The rover’s electronics are enclosed within a 10 cm spherical vault that is surrounded by a 5 cm thick ceramic-based insulator. Of the total heat load on the electronics vault, 77 W comes from the high temperature environment on Venus and 10 W comes from heat being generated from electronics and sensors. Based on this heat load, the rounded up estimated heat rejection requirement is 100 W. To do that, a Stirling cooler is used to provide active cooling of the rover’s electronics vault. Using 240 W of mechanical power for active cooling, the Stirling cooler can keep the temperature within the electronics vault under 300 °C. This temperature is sufficiently cool for high temperature electronics to operate for long durations.

Figure 3: A rendering of Venus without its atmosphere.

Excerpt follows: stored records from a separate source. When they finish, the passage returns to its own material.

-- ===== src/Handlers/Workers.antt =====
-- server/src/handlers/worker_handler.cpp: registration and heartbeats of workers, their list, and
-- the execution of a DAG that another server sends. Each handler reads the clock once.
use task_hub.Execution.Context.{TextCalls}
use task_hub.Handlers.Http.{
  Request, Response, Answer, answered, thrown, respond_ok, respond_error, bad_request,
}
use task_hub.Json.{
  Json, Items, nil, cons, Fields, JsonCalls, array, boolean, integer, null, string, object,
  object_of, member, value_with,
}
use task_hub.Worker.Registry.{upsert_worker, touch_heartbeat, list_workers}
use task_hub.Worker.Selector.{WorkerInfo, Workers, is_alive, is_full}
use task_hub.Prelude.{
  ℕ, ℤ, pos, Text, text, ◌++◌, ◌-◌, ◌/◌, ◌||◌, Bool, true, false, Option, none, some, List, [], ◌∷◌,
  is_empty, leb_ℤ, if◌then◌else◌, keep, ◌>>=◌, map,
}
pub mod Proxy
pub mod Acknowledged

unfoldable pub json_of_texts : List Text → Items
json_of_texts [] = nil
json_of_texts (s ∷ ss) = cons (string s) (json_of_texts ss)

unfoldable pub worker_to_json : ℕ → WorkerInfo → Json
worker_to_json now w = object_of (
    (text "id", string w.id)
    ∷ (text "host", string w.host)
    ∷ (text "port", integer w.port)
    ∷ (text "running_tasks", integer w.running_tasks)
    ∷ (text "max_running_tasks", integer w.max_running_tasks)
    ∷ (text "full", boolean (is_full w))
    ∷ (text "alive", boolean (is_alive now w))
    ∷ (text "last_seen_ms_ago", integer (pos ((now - w.last_heartbeat) / 1000000)))
    ∷ (text "queues", array (json_of_texts w.queues))
    ∷ (text "labels", array (json_of_texts w.labels))
    ∷ [])

unfoldable pub workers_to_json : ℕ → List WorkerInfo → Items
workers_to_json now [] = nil
workers_to_json now (w ∷ ws) = cons (worker_to_json now w) (workers_to_json now ws)

-- The texts of an array; any other item is passed over.
unfoldable pub texts_of_items : Items → List Text
texts_of_items nil = []
texts_of_items (cons (string s) js) = s ∷ texts_of_items js
texts_of_items (cons j js) = texts_of_items js

unfoldable pub texts_of_member : Text → Json → List Text
texts_of_member k j = elim (member k j) [ some (array js) ↦ texts_of_items js | _ ↦ [] ]

abbrev pub execute_answer : Text → Json
execute_answer run_id = object_of ((text "ok", boolean true) ∷ (text "run_id", string run_id) ∷ [])

-- What the handlers use besides: the text of the exception that the conversions throw for a body,
-- and a new run id, which is made of the time and of random letters.
pub record HandlerCalls : Type 0 where
  pub texts : TextCalls
  pub json : JsonCalls
  pub conversion_error : Json → Text
  pub new_run_id : Text

module _ (h : HandlerCalls) where
  -- `none` is an exception.
  unfoldable pub worker_of_json : ℕ → Json → Option WorkerInfo
  worker_of_json now j = do
    id ← value_with h.json.get_text (text "id") [] j
    host ← value_with h.json.get_text (text "host") (text "127.0.0.1") j
    port ← value_with h.json.get_int (text "port") (pos 0) j
    running ← value_with h.json.get_int (text "running_tasks") (pos 0) j
    most ← value_with h.json.get_int (text "max_running_tasks") (pos 1) j
    some (record {
      id = id;
      host = host;
      port = port;
      queues = texts_of_member (text "queues") j;
      labels = texts_of_member (text "labels") j;
      running_tasks = running;
      last_heartbeat = now;
      max_running_tasks = if leb_ℤ most (pos 0) then pos 1 else most;
      dispatch_cooldown_until = 0;
    })

  unfoldable pub workers_register : ℕ → Request → Workers → Response × Workers
  workers_register now req ws = elim (h.texts.parse req.body) [
    | some (object fs) ↦ elim (worker_of_json now (object fs)) [
      | none ↦ (
        respond_error h.json (pos 500) (text "internal error: " ++ h.conversion_error (object fs))
            (pos 500),
        ws,
      )
      | some info ↦
          if is_empty info.id || leb_ℤ info.port (pos 0)
          then (
            respond_error h.json (pos 400) (text "missing required fields: id/port") (pos 400),
            ws,
          )
          else (
            respond_ok h.json (object_of ((text "ok", boolean true) ∷ [])),
            upsert_worker now info ws,
          )
    ]
    | _ ↦ (respond_error h.json (pos 400) (text "invalid json") (pos 400), ws)
  ]

  -- The id and the load of a heartbeat. `none` is an exception.
  unfoldable pub heartbeat_of_json : Json → Option (Text × ℤ)
  heartbeat_of_json j = do
    id ← value_with h.json.get_text (text "id") [] j
    running ← value_with h.json.get_int (text "running_tasks") (pos 0) j
    some (id, running)

  unfoldable pub workers_heartbeat : ℕ → Request → Workers → Response × Workers
  workers_heartbeat now req ws = elim (h.texts.parse req.body >>= heartbeat_of_json) [
    | none ↦ (respond_error h.json (pos 500) (text "internal error") (pos 500), ws)
    | some (id, running) ↦
        if is_empty id
        then (respond_error h.json (pos 400) (text "missing worker id") (pos 400), ws)
        else let (known, ws') = touch_heartbeat now id running ws in
          (
            if known
                then respond_ok h.json null
                else respond_error h.json (pos 404) (text "worker not found") (pos 404),
            ws',
          )
  ]

  abbrev list_answer : ℕ → List WorkerInfo → Response
  list_answer now ws = respond_ok h.json (
      object_of ((text "ok", boolean true) ∷ (text "workers", array (workers_to_json now ws)) ∷ []))

  unfoldable pub workers_list : ℕ → Workers → Response
  workers_list now ws = list_answer now (list_workers ws)

  unfoldable pub workers_connected : ℕ → Workers → Response
  workers_connected now ws = list_answer now (keep (is_alive now) (list_workers ws))

  -- The answer, and the body and the run id of the job that the DAG thread pool is given, if any. A
  -- run id that is not a text throws.
  unfoldable pub worker_execute : Request → Answer × Option (Json × Text)
  worker_execute req = elim (h.texts.parse req.body) [
    | none ↦ (answered (bad_request h.json (text "Invalid JSON") (pos 1002)), none)
    | some body ↦ elim (value_with h.json.get_text (text "run_id") [] body) [
      | none ↦ (thrown, none)
      | some given ↦
          let run_id = if is_empty given then h.new_run_id else given in
          (answered (respond_ok h.json (execute_answer run_id)), some (body, run_id))
    ]
  ]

“Understanding the atmosphere, climate, geology, and history of Venus could shed considerable light on our understanding of our own home planet. Yet the surface of Venus is the most hostile operating environment of any of the solid-surface planets in the solar system,” wrote Dr. Geoffrey Landis of NASA’s John Glenn Research Centre who was one of two researchers involved in the study. “Putting a long-lived rover on the surface of Venus could revolutionise our understanding of the planet, helping to answer such questions as why Venus ended up so different from Earth,” says Mark Bullock of the Southwest Research Institute in Boulder, Colorado. “Many scientists suspect Venus was much cooler in the past and was perhaps even covered with oceans of liquid water where conditions could have been friendly to life.”